Weekend Events
Saturday, June 26th, 2004My best friend Michelle is dealing with a break-up that’s turning nasty. She called me last night at 4 am after calling the cops on her ex-girlfriend turned stalker, but I didn’t get the message until this morning. I called her and got the whole story about how the ex followed her home from a bar, to an ATM machine, then back home again – the whole time accusing Michelle of planning a secret 4 am rendezvous with some new girl. Michelle locked herself in and her ex started calling from a cell phone, getting increasingly angry until Michelle finally called Las Vegas Metro. I hope this is the end of it for them. You excuse that type of behavior, even once, and it’s like giving permission to the crazy person for more of the same. Believe me, I know.
Unfortunatley, Michelle and I got cut off when my cell phone finally went kablooey. It’s been threatening to die for several months now, but I’ve been coping and hoping it’ll magically heal itself. Sorta like my van. Modern technology is failing me all around and I don’t have the cash flow right now to fix or replace the things I desperately need.
I had to drive to the printing plant and sign off on magazine proofs today. They’ve moved to a warehouse on the edge of town and the whole time I’m driving with no A/C and praying to the god of automobiles (just a few more months while I save money for a down payment…). I noticed something about freeways – they’re incredibly ugly when you’re not moving. As a kid, I used to love long freeway drives: the hypnotic white and yellow lines, the blurry patterns made from rushing past cracks and tar at 60 mph. But when you’re stuck in traffic, it’s over 100 degrees outside and you have time to really look at the asphalt and litter, they are remarkably ugly.

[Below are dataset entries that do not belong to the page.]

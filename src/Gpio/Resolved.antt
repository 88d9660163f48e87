-- ===== src/Gpio/Resolved.antt =====
-- What `ResolvePin` and `ResolvePins` guarantee.
use drone_os.Base.{
  ◌≡◌, ◌≢◌, refl, ◌⊎◌, inl, inr, ℤ, pos, ◌≤ℤ◌, eq_ℤ, ltb_ℤ, eq_ℤ_iff, Bool, true, false, not, ◌&&◌,
  Option, none, some, List, [], ◌∷◌, ◌++◌, map, Bytes, text_eq, text_eq_iff, trim_space, trim_left,
  Result, ok, err, arith, Result-cases, append_assoc, append-nil,
}
use drone_os.Config.{Pin}
use drone_os.Gpio.{
  Layout, ResolvedPin, PinError, rpi40_physical_to_bcm, default_layout, bcm_of, pin_scheme,
  chip_or_default, resolved_at, resolve_physical, resolve_scheme, resolve_pin, layout_or_default,
  collect, resolve_loop, resolve_pins,
}

chip_or_default-ne-nil : (chip : Bytes) → chip_or_default chip ≢ []
unfolding chip_or_default
chip_or_default-ne-nil chip = ground (arith, text_eq_iff chip [])

trim_space-nil : (s : Bytes) → text_eq (trim_space s) [] ≡ false → s ≢ []
unfolding trim_space trim_left text_eq
trim_space-nil [] h e = cc
trim_space-nil (c ∷ s) h e = cc

-- Where the line number of a resolved pin comes from.
abbrev pub OffsetFrom : Layout → Pin → ℤ → Type 0
OffsetFrom layout pin n =
    (n ≡ pin.offset) ⊎ ((n ≡ pin.number) ⊎ (bcm_of pin.number layout.physical_to_bcm ≡ some n))

resolve_scheme_lem :
    (layout : Layout) (pin : Pin) (o : Option Bytes) {r : ResolvedPin}
    → resolve_scheme layout pin o ≡ ok r
    → (r.chip ≢ []) × (r ≡ resolved_at pin r.chip r.offset) × OffsetFrom layout pin r.offset
unfolding resolve_scheme resolve_physical
resolve_scheme_lem layout pin none h = cc
resolve_scheme_lem layout pin (some scheme) h = (
  ground (arith, trim_space-nil pin.chip, chip_or_default-ne-nil pin.chip),
  ground arith,
  ground arith,
)

-- A resolved pin names a chip, keeps the settings of the configured one, and its line is the configured
-- offset or number, or what the layout's table gives for the number.
pub resolve_pin_lem :
    (layout : Layout) (pin : Pin) {r : ResolvedPin}
    → resolve_pin layout pin ≡ ok r
    → (r.chip ≢ []) × (r ≡ resolved_at pin r.chip r.offset) × OffsetFrom layout pin r.offset
unfolding resolve_pin
resolve_pin_lem layout pin h = resolve_scheme_lem layout pin (pin_scheme pin) h

abbrev pub oks : List (Result PinError ResolvedPin) → List ResolvedPin
oks [] = []
oks (ok r ∷ rs) = r ∷ oks rs
oks (err e ∷ rs) = oks rs

abbrev pub errs : List (Result PinError ResolvedPin) → List PinError
errs [] = []
errs (ok r ∷ rs) = errs rs
errs (err e ∷ rs) = e ∷ errs rs

-- The results of the pins, one by one.
abbrev pub each : Layout → List Pin → List (Result PinError ResolvedPin)
each layout pins = map (resolve_pin layout) pins

oks-map :
    (layout : Layout) (pins : List Pin) (rs : List ResolvedPin) (es : List PinError)
    → resolve_loop layout pins (rs, es)
      ≡ (rs ++ oks (each layout pins), es ++ errs (each layout pins))
unfolding resolve_loop collect
oks-map layout [] rs es = ground (arith, append-nil rs, append-nil es)
oks-map layout (pin ∷ pins) rs es = elim (Result-cases (resolve_pin layout pin)) [
  | inl (r, e) ↦ rw e (
      rw (oks-map layout pins (rs ++ r ∷ []) es)
        (rw (append_assoc rs (r ∷ []) (oks (each layout pins)))))
  | inr (x, e) ↦ rw e (
      rw (oks-map layout pins rs (es ++ x ∷ []))
        (rw (append_assoc es (x ∷ []) (errs (each layout pins)))))
]

-- Every pin gives one resolved pin or one error, each list in the order of the configuration.
pub resolve_pins-each :
    (layout : Layout) (pins : List Pin)
    → resolve_pins layout pins
      ≡ (oks (each (layout_or_default layout) pins), errs (each (layout_or_default layout) pins))
unfolding resolve_pins
resolve_pins-each layout pins = oks-map (layout_or_default layout) pins [] []

-- No entry of the table gives the line `b`.
lacks : ℤ → List (ℤ × ℤ) → Bool
lacks b [] = true
lacks b ((k, c) ∷ m) = not (eq_ℤ c b) && lacks b m

distinct : List (ℤ × ℤ) → Bool
unfolding lacks
distinct [] = true
distinct ((k, b) ∷ m) = lacks b m && distinct m

lacks-bcm_of : (b p : ℤ) (m : List (ℤ × ℤ)) → lacks b m ≡ true → bcm_of p m ≢ some b
unfolding lacks bcm_of
lacks-bcm_of b p [] h e = cc
lacks-bcm_of b p ((k, c) ∷ m) h e = ground (arith, lacks-bcm_of b p m, eq_ℤ_iff c b, eq_ℤ_iff k p)

distinct-bcm_of :
    (m : List (ℤ × ℤ)) (p q b : ℤ)
    → distinct m ≡ true
    → bcm_of p m ≡ some b
    → bcm_of q m ≡ some b
    → p ≡ q
unfolding distinct bcm_of
distinct-bcm_of [] p q b h e f = cc
distinct-bcm_of ((k, c) ∷ m) p q b h e f = ground (
  arith,
  distinct-bcm_of m p q b,
  lacks-bcm_of c p m,
  lacks-bcm_of c q m,
  eq_ℤ_iff k p,
  eq_ℤ_iff k q,
)

within : List (ℤ × ℤ) → Bool
within [] = true
within ((k, b) ∷ m) = not (ltb_ℤ b (pos 0)) && not (ltb_ℤ (pos 27) b) && within m

within-bcm_of :
    (m : List (ℤ × ℤ)) (p b : ℤ)
    → within m ≡ true
    → bcm_of p m ≡ some b
    → (pos 0 ≤ℤ b) × (b ≤ℤ pos 27)
unfolding within bcm_of
within-bcm_of [] p b h e = cc
within-bcm_of ((k, c) ∷ m) p b h e = ground (arith, within-bcm_of m p b)

-- On the header of the default layout, two pins never share a line, and every line is one of the 28 of
-- the processor.
pub rpi40_lines :
    (p q b : ℤ)
    → bcm_of p default_layout.physical_to_bcm ≡ some b
    → bcm_of q default_layout.physical_to_bcm ≡ some b
    → (p ≡ q) × (pos 0 ≤ℤ b) × (b ≤ℤ pos 27)
unfolding default_layout distinct within
rpi40_lines p q b e f =
    let (lo, hi) = within-bcm_of rpi40_physical_to_bcm p b refl e in
    (distinct-bcm_of rpi40_physical_to_bcm p q b refl e f, lo, hi)
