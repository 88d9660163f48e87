-- ===== src/Gpio/Validate.antt =====
-- `InspectPins` and `ValidatePins` of internal/drivers/gpio/validate.go, with the calls that they make of
-- go-gpiocdev in their order.
pub mod Requests
use drone_os.Base.{
  ℕ, suc, ◌+◌, ◌≡◌, ◌≢◌, refl, sym, ap, ◌∙◌, ◌⊎◌, inl, inr, ℤ, pos, Bool, true, false, not, ◌||◌,
  ◌&&◌, Option, none, some, List, [], ◌∷◌, ◌++◌, map, if◌then◌else◌, Bytes, text_eq, trim_space,
  Result, ok, err, length, length-append, arith, Bool-cases, Option-cases, Result-cases,
  append_assoc, append-nil, All, All-append,
}
use drone_os.Config.{Pin}
use drone_os.Gpio.{Layout, ResolvedPin, PinError, resolve_pin, layout_or_default}
use drone_os.Gpio.Lines.{LineReqOption, line_req_options}

pub data GpioError (G : Type 0) : Type 0 where
  unresolved : PinError → GpioError G
  open_failed : Bytes → G → GpioError G
  line_info_failed request_failed : Bytes → ℤ → G → GpioError G

pub record LineInfo : Type 0 where
  pub used : Bool
  pub consumer : Bytes

-- What go-gpiocdev answers: whether a chip opens, what is known of a line, whether a request fails.
pub record GpioDev (G : Type 0) : Type 0 where
  pub new_chip : Bytes → Option G
  pub line_info : Bytes → ℤ → Result G LineInfo
  pub request_line : Bytes → ℤ → List LineReqOption → Option G

pub data Call : Type 0 where
  opens closes : Bytes → Call
  requests releases : Bytes → ℤ → Call

pub record PinStatus (G : Type 0) : Type 0 where
  pub resolved : ResolvedPin
  pub used : Bool
  pub consumer : Bytes
  pub failure : Option (GpioError G)

-- The statuses, the errors and the calls so far.
pub record Inspection (G : Type 0) : Type 0 where
  pub statuses : List (PinStatus G)
  pub errs : List (GpioError G)
  pub calls : List Call

abbrev pub nothing_yet : {G : Type 0} → Inspection G
nothing_yet = record { statuses = []; errs = []; calls = [] }

abbrev pub opt_list : {G : Type 0} → Option (GpioError G) → List (GpioError G)
opt_list none = []
opt_list (some e) = e ∷ []

-- `ResolvedPin{Name: pin.Name}`
abbrev named : Pin → ResolvedPin
named pin = record {
  name = pin.name;
  chip = [];
  offset = pos 0;
  direction = [];
  active_low = none;
  bias = [];
  drive = [];
}

abbrev status_of : {G : Type 0} → ResolvedPin → Option (GpioError G) → PinStatus G
status_of r e = record { resolved = r; used = false; consumer = []; failure = e }

module _ {G : Type 0} (dev : GpioDev G) where
  unfoldable pub read_line : ResolvedPin → Result G LineInfo → PinStatus G
  read_line r (err e) = status_of r (some (line_info_failed r.chip r.offset e))
  read_line r (ok i) = record {
    resolved = r;
    used = i.used;
    consumer = trim_space i.consumer;
    failure = none;
  }

  unfoldable pub open_chip : ResolvedPin → Option G → PinStatus G × List Call
  unfolding read_line
  open_chip r (some e) = (status_of r (some (open_failed r.chip e)), [])
  open_chip r none =
      (read_line r (dev.line_info r.chip r.offset), opens r.chip ∷ closes r.chip ∷ [])

  unfoldable pub inspect_resolved : Pin → Result PinError ResolvedPin → PinStatus G × List Call
  unfolding open_chip
  inspect_resolved pin (err e) = (status_of (named pin) (some (unresolved e)), [])
  inspect_resolved pin (ok r) = open_chip r (dev.new_chip r.chip)

  -- The status of one pin, and the calls made for it.
  unfoldable pub inspect_pin : Layout → Pin → PinStatus G × List Call
  unfolding inspect_resolved
  inspect_pin layout pin = inspect_resolved pin (resolve_pin layout pin)

  unfoldable pub inspect_loop : Layout → List Pin → Inspection G → Inspection G
  inspect_loop layout [] acc = acc
  inspect_loop layout (pin ∷ pins) acc =
      let (s, calls) = inspect_pin layout pin in
      inspect_loop layout pins (record {
        statuses = acc.statuses ++ s ∷ [];
        errs = acc.errs ++ opt_list s.failure;
        calls = acc.calls ++ calls;
      })

  unfoldable pub inspect_pins : Layout → List Pin → Inspection G
  unfolding inspect_loop
  inspect_pins layout pins = inspect_loop (layout_or_default layout) pins nothing_yet

  requested : PinStatus G → Option G → PinStatus G × List Call
  requested s (some e) = (
    record s { failure = some (request_failed s.resolved.chip s.resolved.offset e) },
    requests s.resolved.chip s.resolved.offset ∷ [],
  )
  requested s none = (
    s,
    requests s.resolved.chip s.resolved.offset ∷ releases s.resolved.chip s.resolved.offset ∷ [],
  )

  with_options : PinStatus G → List LineReqOption → PinStatus G × List Call
  unfolding requested
  with_options s [] = (s, [])
  with_options s (o ∷ os) =
      requested s (dev.request_line s.resolved.chip s.resolved.offset (o ∷ os))

  -- One round of the loop of `ValidatePins`.
  pub validate_status : PinStatus G → PinStatus G × List Call
  unfolding with_options
  validate_status s = elim s.failure [
    | some e ↦ (s, [])
    | none ↦ if s.used then (s, []) else with_options s (line_req_options s.resolved)
  ]

  -- The error that a round adds.
  new_error : PinStatus G → PinStatus G → List (GpioError G)
  new_error before after = elim before.failure [ some e ↦ [] | none ↦ opt_list after.failure ]

  validate_loop : List (PinStatus G) → Inspection G → Inspection G
  unfolding new_error
  validate_loop [] acc = acc
  validate_loop (s ∷ ss) acc =
      let (s', calls) = validate_status s in
      validate_loop ss (record {
        statuses = acc.statuses ++ s' ∷ [];
        errs = acc.errs ++ new_error s s';
        calls = acc.calls ++ calls;
      })

  pub validate_pins : Layout → List Pin → Inspection G
  unfolding validate_loop
  validate_pins layout pins =
      let i = inspect_pins layout pins in
      validate_loop i.statuses (record { statuses = []; errs = i.errs; calls = i.calls })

Going to gay bingo for charity tonight at Hamburger Mary’s. The only thing that separates gay bingo from regular bingo is that we have a drag queen call the numbers and every time the “O-69” ball is called, we get free shots. Since it’s a charity event (supporting the gay & lesbian community center), we play for shitty prizes like t-shirts and gift certificates from the event sponsors and all the cash from the game goes to a good cause. Gay bingo can be fun (it happens about once a month), but I generally end up bored with the game after two rounds and would rather drink and socialize. Problem is, everyone’s too intent on the game to talk.
Yesterday I saw this bitch I haven’t spoken to in over a year. She’s this cunt who told me, the first night we met, that I was a fat, ugly, bald freak of nature who didn’t deserve to have pretty friends (I met her through one of my friends who is extremely attractive). Not only did she hit my biggest insecurities in one quick comment, she wasn’t exactly a raving beauty herself. I don’t think she recognized me yesterday – which is a good thing because if she ever, ever tried to speak to me again, I’d hit her. I would never hit a lady, but she’s nothing like a lady.
I bought Chasing Liberty from the bargain bin at Blockbusters. I only bought it because I think Matthew Goode is sexy and I enjoy laughing at Mandy “Look, ma, I’m acting with no hands” Moore. I also bought Chuck Palahniuk’s Invisible Monsters because it was the only thing at Borders that looked remotely interesting at the time. I feel a little guilty reading Palahniuk’s books because they make for such quick reads that I never have to go back and read again. Notice something deep in Chuck’s story, not to worry, he’s going to hit you over the head with it until even a six-year-old gets the message. I should never shop for escapist entertainment opportunities when I’m feeling pretentious ennui.
Time to go clean up for the bingo crown tonight.